## Instructions for the task
Lines with the word "Option" are the ones wanted. Copy each of them from the entries below.

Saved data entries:
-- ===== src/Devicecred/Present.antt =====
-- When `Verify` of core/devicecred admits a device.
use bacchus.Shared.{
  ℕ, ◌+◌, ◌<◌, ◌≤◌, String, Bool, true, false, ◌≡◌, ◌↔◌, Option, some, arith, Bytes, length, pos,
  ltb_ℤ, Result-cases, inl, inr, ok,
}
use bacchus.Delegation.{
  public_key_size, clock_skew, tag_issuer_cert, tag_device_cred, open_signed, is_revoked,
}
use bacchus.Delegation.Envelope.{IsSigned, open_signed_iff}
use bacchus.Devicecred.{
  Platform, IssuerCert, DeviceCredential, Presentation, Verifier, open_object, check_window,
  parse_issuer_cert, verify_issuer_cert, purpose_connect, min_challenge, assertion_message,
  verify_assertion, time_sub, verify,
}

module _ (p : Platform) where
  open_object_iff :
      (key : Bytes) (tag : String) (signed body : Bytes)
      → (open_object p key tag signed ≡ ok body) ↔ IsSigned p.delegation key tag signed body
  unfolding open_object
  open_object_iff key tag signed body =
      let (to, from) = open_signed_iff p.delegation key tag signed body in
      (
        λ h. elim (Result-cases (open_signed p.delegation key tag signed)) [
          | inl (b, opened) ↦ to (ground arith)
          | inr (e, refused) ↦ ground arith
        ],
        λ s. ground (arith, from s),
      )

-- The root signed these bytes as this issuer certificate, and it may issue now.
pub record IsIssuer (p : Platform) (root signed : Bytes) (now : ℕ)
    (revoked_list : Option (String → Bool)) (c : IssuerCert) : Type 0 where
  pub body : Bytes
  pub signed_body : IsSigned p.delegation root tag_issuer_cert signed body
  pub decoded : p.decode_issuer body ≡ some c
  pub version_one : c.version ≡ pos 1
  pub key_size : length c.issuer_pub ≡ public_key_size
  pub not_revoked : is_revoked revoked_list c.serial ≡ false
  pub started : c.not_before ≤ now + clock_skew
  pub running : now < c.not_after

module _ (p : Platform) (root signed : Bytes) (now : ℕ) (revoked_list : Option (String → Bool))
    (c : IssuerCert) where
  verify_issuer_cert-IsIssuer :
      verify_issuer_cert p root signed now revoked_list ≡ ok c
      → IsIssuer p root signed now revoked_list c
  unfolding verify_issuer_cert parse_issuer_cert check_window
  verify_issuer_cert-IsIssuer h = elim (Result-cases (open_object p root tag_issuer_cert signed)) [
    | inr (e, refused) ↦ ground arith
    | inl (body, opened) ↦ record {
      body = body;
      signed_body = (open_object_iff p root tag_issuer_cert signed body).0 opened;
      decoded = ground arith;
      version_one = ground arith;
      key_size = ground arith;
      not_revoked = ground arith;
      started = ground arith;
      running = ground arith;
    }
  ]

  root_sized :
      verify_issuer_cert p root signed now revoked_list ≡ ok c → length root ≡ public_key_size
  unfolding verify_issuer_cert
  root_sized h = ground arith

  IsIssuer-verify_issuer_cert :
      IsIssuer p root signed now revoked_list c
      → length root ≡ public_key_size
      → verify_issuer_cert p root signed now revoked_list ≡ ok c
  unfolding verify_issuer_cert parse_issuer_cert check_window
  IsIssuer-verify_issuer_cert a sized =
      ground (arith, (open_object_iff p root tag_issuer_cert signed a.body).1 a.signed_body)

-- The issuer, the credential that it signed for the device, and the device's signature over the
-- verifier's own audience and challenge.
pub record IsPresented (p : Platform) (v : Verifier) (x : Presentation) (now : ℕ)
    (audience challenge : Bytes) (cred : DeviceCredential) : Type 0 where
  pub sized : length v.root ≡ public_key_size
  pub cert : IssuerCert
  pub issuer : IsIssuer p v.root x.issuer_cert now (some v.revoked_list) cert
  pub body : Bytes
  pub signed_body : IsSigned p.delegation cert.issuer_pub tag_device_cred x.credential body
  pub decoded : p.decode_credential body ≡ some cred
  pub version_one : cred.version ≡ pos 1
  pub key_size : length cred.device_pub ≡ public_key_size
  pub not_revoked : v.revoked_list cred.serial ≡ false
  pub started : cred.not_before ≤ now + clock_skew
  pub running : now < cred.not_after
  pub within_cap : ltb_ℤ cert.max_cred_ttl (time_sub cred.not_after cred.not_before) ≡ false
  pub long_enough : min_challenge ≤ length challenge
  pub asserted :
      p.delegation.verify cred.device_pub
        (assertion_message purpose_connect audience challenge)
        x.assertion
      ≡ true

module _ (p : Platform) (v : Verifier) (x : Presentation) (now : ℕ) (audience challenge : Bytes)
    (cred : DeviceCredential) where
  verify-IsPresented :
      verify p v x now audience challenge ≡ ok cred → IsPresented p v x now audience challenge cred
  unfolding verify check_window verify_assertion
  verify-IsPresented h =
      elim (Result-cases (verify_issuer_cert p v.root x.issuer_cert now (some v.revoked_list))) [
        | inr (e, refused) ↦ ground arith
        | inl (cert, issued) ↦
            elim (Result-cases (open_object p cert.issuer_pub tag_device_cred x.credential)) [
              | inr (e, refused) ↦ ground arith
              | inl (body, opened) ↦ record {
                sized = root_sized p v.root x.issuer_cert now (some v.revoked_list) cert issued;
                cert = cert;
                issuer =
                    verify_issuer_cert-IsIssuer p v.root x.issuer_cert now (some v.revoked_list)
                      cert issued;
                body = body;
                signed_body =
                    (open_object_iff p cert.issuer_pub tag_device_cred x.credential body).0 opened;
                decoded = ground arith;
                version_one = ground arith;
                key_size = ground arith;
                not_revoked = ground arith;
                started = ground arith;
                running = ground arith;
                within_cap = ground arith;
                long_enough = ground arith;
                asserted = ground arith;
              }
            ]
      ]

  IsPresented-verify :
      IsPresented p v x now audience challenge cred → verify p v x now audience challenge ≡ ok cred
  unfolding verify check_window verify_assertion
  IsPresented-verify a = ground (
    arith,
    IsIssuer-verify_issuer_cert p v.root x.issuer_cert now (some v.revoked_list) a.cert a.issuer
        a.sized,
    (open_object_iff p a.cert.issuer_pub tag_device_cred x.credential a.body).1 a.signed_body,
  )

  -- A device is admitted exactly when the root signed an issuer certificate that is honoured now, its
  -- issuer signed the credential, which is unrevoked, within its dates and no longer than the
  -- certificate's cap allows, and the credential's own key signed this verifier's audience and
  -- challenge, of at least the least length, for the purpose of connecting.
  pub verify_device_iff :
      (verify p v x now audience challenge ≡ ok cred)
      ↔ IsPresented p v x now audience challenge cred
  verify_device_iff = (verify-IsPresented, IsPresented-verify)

## Result
  ℕ, ◌+◌, ◌<◌, ◌≤◌, String, Bool, true, false, ◌≡◌, ◌↔◌, Option, some, arith, Bytes, length, pos,
    (revoked_list : Option (String → Bool)) (c : IssuerCert) : Type 0 where
module _ (p : Platform) (root signed : Bytes) (now : ℕ) (revoked_list : Option (String → Bool))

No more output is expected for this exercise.